Increasingly, LFA developers are covalently binding antibodies to the surface of nanoparticle lateral flow probes. Covalent attachment is more stable with less antibody desorption and requires fewer antibodies during conjugation. Covalent attachment can be accomplished with several different chemistries. For our BioReady products that are optimized for lateral flow, we typically utilize amide bonds to connect a carboxylic acid functionalized nanoparticle to free amines on the antibody.
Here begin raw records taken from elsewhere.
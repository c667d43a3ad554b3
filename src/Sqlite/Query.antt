-- ===== src/Sqlite/Query.antt =====
-- ormpp/sqlite.hpp, `assign`, `query_s` of a reflected struct and `delete_records_s`.
pub mod Rows
use ormpp.Base.{
  ℕ, zero, suc, ◌+◌, ◌-◌, ◌/◌, ◌%◌, ◌^◌, ltb, ◌==◌, Bool, true, false, List, [], ◌∷◌, if◌then◌else◌,
  Bytes,
}
use ormpp.Sqlite.{
  StepResult, row, done, failed, Library, Driver, reset_error, with_handle, set_errmsg,
}
use ormpp.Sqlite.Statement.{
  Field, missing, narrow, wide, floating, characters, binary, set_param_bind, guarded, stepped,
}

-- The integers and enumerators of up to 32 bits; a `char` is signed.
pub data NarrowType : Type 0 where
  boolean : NarrowType
  signed8 signed16 signed32 : NarrowType
  unsigned8 unsigned16 unsigned32 : NarrowType

-- The type of a member, an optional as the type of its value. The text is a `std::string`: views, which share one
-- string of the driver, and arrays, into which `memcpy` writes their size whatever the text has, are left out.
pub data Kind : Type 0 where
  narrow_kind : NarrowType → Kind
  wide_kind : Kind
  floating_kind : Kind
  text_kind : Kind
  blob_kind : Kind

-- `U{}`, where the member is optional or not
unfoldable pub default_of : Bool → Kind → Field
default_of true kind = missing
default_of false (narrow_kind t) = narrow 0
default_of false wide_kind = wide 0
default_of false floating_kind = floating 0
default_of false text_kind = characters []
default_of false blob_kind = binary []

abbrev sign_extended : ℕ → ℕ → ℕ
sign_extended size n = if ltb n (size / 2) then n else n + (2 ^ 32 - size)

-- The conversion of an `int` to the type of the member, whose value is kept as the 32 bits of an `int`
unfoldable pub narrowed : NarrowType → ℕ → ℕ
narrowed boolean n = if n == 0 then 0 else 1
narrowed signed8 n = sign_extended 256 (n % 256)
narrowed signed16 n = sign_extended 65536 (n % 65536)
narrowed unsigned8 n = n % 256
narrowed unsigned16 n = n % 65536
narrowed signed32 n = n
narrowed unsigned32 n = n

module _ {Db : Type 0} (lib : Library Db) where
  unfoldable pub assign_value : Kind → ℕ → Db → Field
  unfolding narrowed
  assign_value (narrow_kind t) i handle = narrow (narrowed t (lib.column_int i handle))
  assign_value wide_kind i handle = wide (lib.column_int64 i handle)
  assign_value floating_kind i handle = floating (lib.column_double i handle)
  assign_value text_kind i handle = characters (lib.column_text i handle)
  assign_value blob_kind i handle = binary (lib.column_blob i handle)

  unfoldable pub assign : Bool → Kind → ℕ → Db → Field
  unfolding default_of assign_value
  assign optional kind i handle =
      if lib.column_is_null i handle then default_of optional kind else assign_value kind i handle

  -- The members of a struct, from column `i` on
  unfoldable pub read_row : List (Bool × Kind) → ℕ → Db → List Field
  unfolding assign
  read_row [] i handle = []
  read_row ((optional, kind) ∷ kinds) i handle =
      assign optional kind i handle ∷ read_row kinds (i + 1) handle

  abbrev pub before_rows : List Field → List (List Field) × Db → List (List Field) × Db
  before_rows values (rows, handle) = (values ∷ rows, handle)

  abbrev pub next_row :
      List (Bool × Kind) → (Db → List (List Field) × Db) → StepResult × Db → List (List Field) × Db
  next_row kinds more (row, handle) = before_rows (read_row kinds 0 handle) (more handle)
  next_row kinds more (_, handle) = ([], handle)

  -- `while (true)`: the fuel bounds the rows.
  unfoldable pub fetch_all : ℕ → List (Bool × Kind) → Db → List (List Field) × Db
  unfolding read_row
  fetch_all zero kinds handle = ([], handle)
  fetch_all (suc fuel) kinds handle = next_row kinds (fetch_all fuel kinds) (lib.step handle)

  -- `(set_param_bind(args, ++index), ...)`: what it returns is not used.
  unfoldable pub bind_each : List Field → ℕ → Db → Db
  unfolding set_param_bind
  bind_each [] index handle = handle
  bind_each (value ∷ values) index handle =
      bind_each values (index + 1) (set_param_bind lib value (index + 1) handle).1

  abbrev pub fetched : Driver Db → List (List Field) × Db → List (List Field) × Driver Db
  fetched d (rows, handle) = (rows, with_handle d handle)

  -- The arguments are bound before the guard resets the error.
  abbrev pub prepared_with :
      {A : Type 0}
      → A
      → (Driver Db → A × Driver Db)
      → List Field
      → Driver Db
      → Bool × Db
      → A × Driver Db
  prepared_with refused run args d (false, handle) =
      (refused, set_errmsg lib (with_handle d handle))
  prepared_with refused run args d (true, handle) =
      guarded lib (run (reset_error (with_handle d (bind_each args 0 handle))))

  -- `sql` is the whole statement.
  unfoldable pub query_s :
      ℕ → List (Bool × Kind) → Bytes → List Field → Driver Db → List (List Field) × Driver Db
  unfolding fetch_all bind_each
  query_s fuel kinds sql args d =
      prepared_with [] (λ e. fetched e (fetch_all fuel kinds e.handle)) args d
        (lib.prepare sql d.handle)

  unfoldable pub delete_records_s : Bytes → List Field → Driver Db → ℕ × Driver Db
  unfolding bind_each
  delete_records_s sql args d =
      prepared_with 0 (λ e. stepped lib 0 lib.changes e (lib.step e.handle)) args d
        (lib.prepare sql d.handle)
This covalent bond is achieved through an EDC/Sulfo-NHS intermediary (see Figure 5) generated from a carboxylic acid surface particle. For antibodies, lysine residues are the primary target sites for EDC/NHS conjugation. A typical IgG antibody will have 80–100 lysine residues of which 30–40 will be accessible for EDC/NHS binding. Proteins such as bovine serum albumin have similar numbers of surface accessible lysine groups. NanoComposix sells BioReady nanoparticles with both carboxylic acid surfaces and also an NHS activated surface to allow for simplified conjugation eliminating the need for the user to perform the intermediary EDC/NHS chemistry steps.
For many lateral flow diagnostics, such as those that detect pregnancy, a simple “yes” or “no” is all that is necessary. For other lateral flow assays, the strength of the test line can provide “semi-quantitative” results, where the result is reported as falling within bins of a particular range (e.g., low, medium or high) or “quantitative” results, where a number that correlates to the concentration of the analyte is reported. Quantitative lateral flow assays require more stringent fabrication conditions and in most cases, a digital reader. Recent advancements in the development of inexpensive readers based on cell phone technologies have recently become available (see Figure 4) and provide a simple and inexpensive solution for quantifying lateral flow assay results.